Input -
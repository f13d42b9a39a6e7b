-- ===== src/Utils/Transcoder/RoundTrip.antt =====
-- Reading back what transcoder.hpp wrote.
use ytorrent.Base.{
  ℕ, ◌+◌, ◌*◌, drop, refl, ◌/◌, ◌%◌, ◌^◌, ◌<◌, ◌≡◌, ap, ◌∙◌, List, ◌++◌, done, arith,
}
use ytorrent.Base.Bits.{shifted_bit_or, bit_or_shifted}
use mathlib.Core.List.{append_assoc}
use ytorrent.Utils.Transcoder.{
  read_as_le16, read_as_le32, read_as_le64, write_as_le16, write_le32, write_as_le64, read_as_be16,
  read_as_be32, read_as_be64, write_as_be16, write_as_be32, write_as_be64,
}
use ytorrent.Utils.Transcoder.Words.{
  read_as_be16_lem, read_as_be32_lem, read_as_le16_lem, read_as_le32_lem,
}

-- Every uint32_t that writeAsBE32 stored is read back by readAsBE32, whatever bytes follow.
pub read_as_be32-write_as_be32 :
    (v : ℕ) (rest : List ℕ) → v < 2 ^ 32 → read_as_be32 (write_as_be32 v ++ rest) ≡ done v
unfolding write_as_be32
read_as_be32-write_as_be32 v rest h =
    read_as_be32_lem (v / 2 ^ 24 % 256) (v / 2 ^ 16 % 256) (v / 2 ^ 8 % 256) (v % 256) rest
      (omega arith) (omega arith) (omega arith) (omega arith)
    ∙ ap done (omega arith)

-- writeAsBE16 keeps only the low byte of its value: what is read back is the value modulo 256.
pub read_as_be16-write_as_be16 :
    (v : ℕ) (rest : List ℕ) → read_as_be16 (write_as_be16 v ++ rest) ≡ done (v % 256)
unfolding write_as_be16
read_as_be16-write_as_be16 v rest =
    read_as_be16_lem (v % 256 / 2 ^ 8) (v % 256) rest (omega arith) (omega arith)
    ∙ ap done (omega arith)

pub read_as_le16-write_as_le16 :
    (v : ℕ) (rest : List ℕ) → v < 2 ^ 16 → read_as_le16 (write_as_le16 v ++ rest) ≡ done v
unfolding write_as_le16
read_as_le16-write_as_le16 v rest h =
    read_as_le16_lem (v % 256) (v / 2 ^ 8 % 256) rest (omega arith) (omega arith)
    ∙ ap done (omega arith)

pub read_as_le32-write_le32 :
    (v : ℕ) (rest : List ℕ) → v < 2 ^ 32 → read_as_le32 (write_le32 v ++ rest) ≡ done v
unfolding write_le32
read_as_le32-write_le32 v rest h =
    read_as_le32_lem (v % 2 ^ 16 % 256) (v % 2 ^ 16 / 2 ^ 8 % 256) (v / 2 ^ 16 % 2 ^ 16 % 256)
      (v / 2 ^ 16 % 2 ^ 16 / 2 ^ 8 % 256) rest (omega arith) (omega arith) (omega arith)
      (omega arith)
    ∙ ap done (omega arith)

-- The low and the high half of a uint64_t, each in its own four bytes.
write_as_be64-halves :
    (v : ℕ)
    → v < 2 ^ 64
    → write_as_be64 v ≡ write_as_be32 (v / 2 ^ 32) ++ write_as_be32 (v % 2 ^ 32)
unfolding write_as_be64 write_as_be32
write_as_be64-halves v h = ground arith

drop-write_as_be32 : (a : ℕ) (rest : List ℕ) → drop 4 (write_as_be32 a ++ rest) ≡ rest
unfolding write_as_be32
drop-write_as_be32 a rest = refl

read_as_be64_lem :
    (a b : ℕ) (rest : List ℕ)
    → a < 2 ^ 32
    → b < 2 ^ 32
    → read_as_be64 (write_as_be32 a ++ (write_as_be32 b ++ rest)) ≡ done (a * 2 ^ 32 + b)
unfolding read_as_be64
read_as_be64_lem a b rest ha hb =
    rw
      (
        drop-write_as_be32 a (write_as_be32 b ++ rest),
        read_as_be32-write_as_be32 b rest hb,
        read_as_be32-write_as_be32 a (write_as_be32 b ++ rest) ha,
      )
      (ap done (shifted_bit_or 32 a b hb))

-- Every uint64_t that writeAsBE64 stored is read back by readAsBE64, whatever bytes follow.
pub read_as_be64-write_as_be64 :
    (v : ℕ) (rest : List ℕ) → v < 2 ^ 64 → read_as_be64 (write_as_be64 v ++ rest) ≡ done v
read_as_be64-write_as_be64 v rest h =
    rw
      (
        write_as_be64-halves v h,
        append_assoc (write_as_be32 (v / 2 ^ 32)) (write_as_be32 (v % 2 ^ 32)) rest,
        read_as_be64_lem (v / 2 ^ 32) (v % 2 ^ 32) rest (omega arith) (omega arith),
      )
      (ap done (omega arith))

drop-write_le32 : (a : ℕ) (rest : List ℕ) → drop 4 (write_le32 a ++ rest) ≡ rest
unfolding write_le32
drop-write_le32 a rest = refl

-- Every uint64_t that writeAsLE64 stored is read back by readAsLE64, whatever bytes follow.
pub read_as_le64-write_as_le64 :
    (v : ℕ) (rest : List ℕ) → v < 2 ^ 64 → read_as_le64 (write_as_le64 v ++ rest) ≡ done v
unfolding read_as_le64 write_as_le64
read_as_le64-write_as_le64 v rest h =
    rw
      (
        append_assoc (write_le32 (v % 2 ^ 32)) (write_le32 (v / 2 ^ 32 % 2 ^ 32)) rest,
        drop-write_le32 (v % 2 ^ 32) (write_le32 (v / 2 ^ 32 % 2 ^ 32) ++ rest),
        read_as_le32-write_le32 (v / 2 ^ 32 % 2 ^ 32) rest (omega arith),
        read_as_le32-write_le32 (v % 2 ^ 32) (write_le32 (v / 2 ^ 32 % 2 ^ 32) ++ rest)
            (omega arith),
      )
      (ap done (bit_or_shifted 32 (v / 2 ^ 32 % 2 ^ 32) (v % 2 ^ 32) (omega arith) ∙ omega arith))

Directions - The answer must consist of every line from the listing above that includes the word "whatever".

Reply -
-- Every uint32_t that writeAsBE32 stored is read back by readAsBE32, whatever bytes follow.
-- Every uint64_t that writeAsBE64 stored is read back by readAsBE64, whatever bytes follow.
-- Every uint64_t that writeAsLE64 stored is read back by readAsLE64, whatever bytes follow.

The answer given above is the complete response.